06 Maggio 2026
Maxi sequestro di pistole, fucili e munizioni

Operazione della Polizia di Stato ad Adrano: sequestrate pistole, fucili, munizioni e armamento da guerra tra abitazioni e fondi rurali. Quattro arrestati e un denunciato
Maxi operazione della Polizia di Stato nel territorio di Adrano contro la detenzione illegale di armi e munizioni. Gli agenti della Squadra Mobile della Questura di Catania e del Commissariato di Pubblica Sicurezza di Adrano hanno eseguito una vasta attività di controllo culminata con l’arresto di quattro adraniti e la denuncia di un quinto soggetto.
Le perquisizioni, eseguite nelle abitazioni, nei garage e in diversi fondi agricoli della zona, hanno consentito di sequestrare un ingente quantitativo di pistole, fucili, munizioni e perfino armamento da guerra. Fondamentale il supporto degli specialisti della Polizia Scientifica arrivati da Roma con apparecchiature georadar utilizzate per le ricerche nelle aree rurali.
Nel corso dei controlli, nell’abitazione di un 38enne sono stati trovati un revolver clandestino con munizioni e numerose cartucce. In casa di un 37enne con precedenti specifici in materia di armi sono state rinvenute due pistole semiautomatiche con matricola abrasa, un revolver privo di matricola, centinaia di cartucce e tre caricatori. Nel garage dell’uomo sono state inoltre trovate due auto con targhe contraffatte riportanti la stessa sequenza alfanumerica.
Le verifiche nella casa di campagna di un 44enne hanno portato al sequestro di due fucili, uno con matricola abrasa e uno privo di matricola, oltre a numerose cartucce. Nell’abitazione in centro città sono state trovate altre due pistole, una appartenuta al defunto nonno e mai denunciata, oltre a componenti di fucili e ulteriori munizioni.
In un fondo rurale riconducibile a un 41enne, i poliziotti hanno recuperato una pistola modificata, un fucile risultato provento di furto, due fucili artigianali e tre cartucce costituenti munizionamento da guerra risalente al periodo bellico.
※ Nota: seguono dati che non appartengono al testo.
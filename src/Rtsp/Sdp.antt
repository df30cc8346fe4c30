-- ===== src/Rtsp/Sdp.antt =====
-- The session description: GetMediaDescription and GetAttribute of the sources (src/rtsp/…Source.cpp),
-- their clock rate and payload type, and MediaSession::GetSdpMessage of src/rtsp/MediaSession.cpp. The
-- local time is below 10^10 seconds.
pub mod Laws
mod Tests
use stream_sight.Base.{
  ℕ, zero, suc, ◌+◌, ◌-◌, ◌*◌, ◌/◌, ◌%◌, ◌^◌, Bool, true, false, Option, none, some, List, [], ◌∷◌,
  ◌++◌, if◌then◌else◌, ltb, ◌==◌, length, bit_or,
}
use stream_sight.Rtsp.RtpConnection.{max_media_channel}
use stream_sight.Text.Print.{decimal, decimal_int, snprintf, print_behind}
use stream_sight.Text.Scan.{number}
use stream_sight.Text.{Text, codes, text_eq}

-- What a MediaSource tells of itself.
pub record Described : Type 0 where
  pub media_description : ℕ → Text
  pub attribute : Text
  pub clock_rate : ℕ
  pub payload_type : ℕ

abbrev media_line : Text → Text → ℕ → Text
media_line kind format port =
    codes "m=" ++ kind ++ codes " " ++ decimal port ++ codes " RTP/AVP " ++ format

unfoldable pub h264_source : Described
h264_source = record {
  media_description = media_line (codes "video") (codes "96");
  attribute = codes "a=rtpmap:96 H264/90000";
  clock_rate = 90000;
  payload_type = 96;
}

unfoldable pub h265_source : Described
h265_source = record {
  media_description = media_line (codes "video") (codes "96");
  attribute = codes "a=rtpmap:96 H265/90000";
  clock_rate = 90000;
  payload_type = 96;
}

unfoldable pub vp8_source : Described
vp8_source = record {
  media_description = media_line (codes "video") (codes "96");
  attribute = codes "a=rtpmap:96 VP8/90000";
  clock_rate = 90000;
  payload_type = 96;
}

unfoldable pub g711a_source : Described
g711a_source = record {
  media_description = media_line (codes "audio") (codes "8");
  attribute = codes "a=rtpmap:8 PCMA/8000/1";
  clock_rate = 8000;
  payload_type = 8;
}

-- `AACSampleRate`
abbrev pub aac_sample_rate : List ℕ
aac_sample_rate =
    96000 ∷ 88200 ∷ 64000 ∷ 48000 ∷ 44100 ∷ 32000 ∷ 24000 ∷ 22050 ∷ 16000 ∷ 12000 ∷ 11025 ∷ 8000
    ∷ 7350 ∷ 0 ∷ 0 ∷ 0 ∷ []

-- The loop over the table: the first index with the rate, or the table's length.
unfoldable pub rate_index : ℕ → List ℕ → ℕ
rate_index rate [] = 0
rate_index rate (r ∷ rs) = let later = suc (rate_index rate rs) in if r == rate then 0 else later

abbrev hex_digit : ℕ → ℕ
hex_digit n = if ltb n 10 then b'0' + n else b'a' + (n - 10)

-- `%02x` of a byte.
abbrev pub hex_byte : ℕ → Text
hex_byte n = hex_digit (n / 16) ∷ hex_digit (n % 16) ∷ []

-- The two bytes of the AudioSpecificConfig, in hexadecimal digits.
unfoldable pub aac_config : ℕ → ℕ → Text
aac_config index channels =
    hex_byte (bit_or (2 * 2 ^ 3) (index / 2))
    ++ hex_byte (bit_or (index * 2 ^ 7) (channels * 2 ^ 3) % 2 ^ 8)

-- `%04u`
abbrev pub padded : ℕ → Text
padded n =
    if ltb n 10
    then codes "000" ++ decimal n
    else if ltb n 100
    then codes "00" ++ decimal n
    else if ltb n 1000
    then codes "0" ++ decimal n
    else decimal n

-- `%04u` of `atoi(config)`: the decimal digits in front.
unfoldable pub printed_config : ℕ → ℕ → Text
printed_config index channels = padded (number 0 (aac_config index channels)).0

unfoldable pub aac_attribute : ℕ → ℕ → Text
aac_attribute samplerate channels =
    let index = rate_index samplerate aac_sample_rate in
    if index == 16
    then []
    else codes "a=rtpmap:97 MPEG4-GENERIC/"
      ++ decimal samplerate
      ++ codes "/"
      ++ decimal channels
      ++ codes "\r\na=fmtp:97 profile-level-id=1;mode=AAC-hbr;"
      ++ codes "sizelength=13;indexlength=3;indexdeltalength=3;config="
      ++ printed_config index channels

unfoldable pub aac_source : ℕ → ℕ → Described
aac_source samplerate channels = record {
  media_description = media_line (codes "audio") (codes "97");
  attribute = aac_attribute samplerate channels;
  clock_rate = samplerate;
  payload_type = 97;
}

-- What GetSdpMessage reads of the session, and its cache `sdp`.
pub record Description : Type 0 where
  pub sdp : Text
  pub media_sources : ℕ → Option Described
  pub is_multicast : Bool
  pub multicast_ip : Text
  pub multicast_port : ℕ → ℕ

abbrev pub sdp_size : ℕ
sdp_size = 2048

abbrev pub print : Text → Text → Text
print = print_behind sdp_size

-- One channel's part of the loop.
unfoldable pub describe_source : Description → ℕ → Described → Text → Text
describe_source d chn source buf =
    let media =
      if d.is_multicast
      then print (print buf (source.media_description (d.multicast_port chn) ++ codes "\r\n"))
          (codes "c=IN IP4 " ++ d.multicast_ip ++ codes "/255\r\n")
      else print buf (source.media_description 0 ++ codes "\r\n") in
    print (print media (source.attribute ++ codes "\r\n"))
      (codes "a=control:track" ++ decimal chn ++ codes "\r\n")

abbrev pub describe_channel : Description → ℕ → Option Described → Text → Text
describe_channel d chn none buf = buf
describe_channel d chn (some source) buf = describe_source d chn source buf

-- The loop over the channels below `n`.
unfoldable pub describe_channels : Description → ℕ → Text → Text
describe_channels d zero buf = buf
describe_channels d (suc n) buf =
    let before = describe_channels d n buf in describe_channel d n (d.media_sources n) before

unfoldable pub describe_session : ℕ → Text → Text → Description → Text
describe_session now ip session_name d =
    let origin = snprintf sdp_size (
      codes "v=0\r\no=- 9"
      ++ decimal now
      ++ codes " 1 IN IP4 "
      ++ ip
      ++ codes "\r\nt=0 0\r\na=control:*\r\n") in
    let named =
      if text_eq session_name []
      then origin
      else print origin (codes "s=" ++ session_name ++ codes "\r\n") in
    let cast =
      if d.is_multicast
      then print named (codes "a=type:broadcast\r\na=rtcp-unicast: reflection\r\n")
      else named in
    describe_channels d max_media_channel cast

-- GetSdpMessage. `media_sources_` has its two places from the constructor on, so it is never empty.
unfoldable pub get_sdp_message : ℕ → Text → Text → Description → Description × Text
get_sdp_message now ip session_name d =
    let fresh = describe_session now ip session_name d in
    if text_eq d.sdp [] then (record d { sdp = fresh }, fresh) else (d, d.sdp)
I quattro uomini sono stati arrestati per reati che vanno dalla detenzione abusiva di armi alla detenzione di armi clandestine, ricettazione e armamento da guerra, ferma restando la presunzione di innocenza fino a eventuale condanna definitiva. Tutti sono stati condotti in carcere in attesa dell’udienza di convalida.
Nel corso della stessa attività è stato inoltre denunciato in stato di libertà un 49enne adranita, fratello di uno degli arrestati, trovato in possesso di munizioni detenute illegalmente.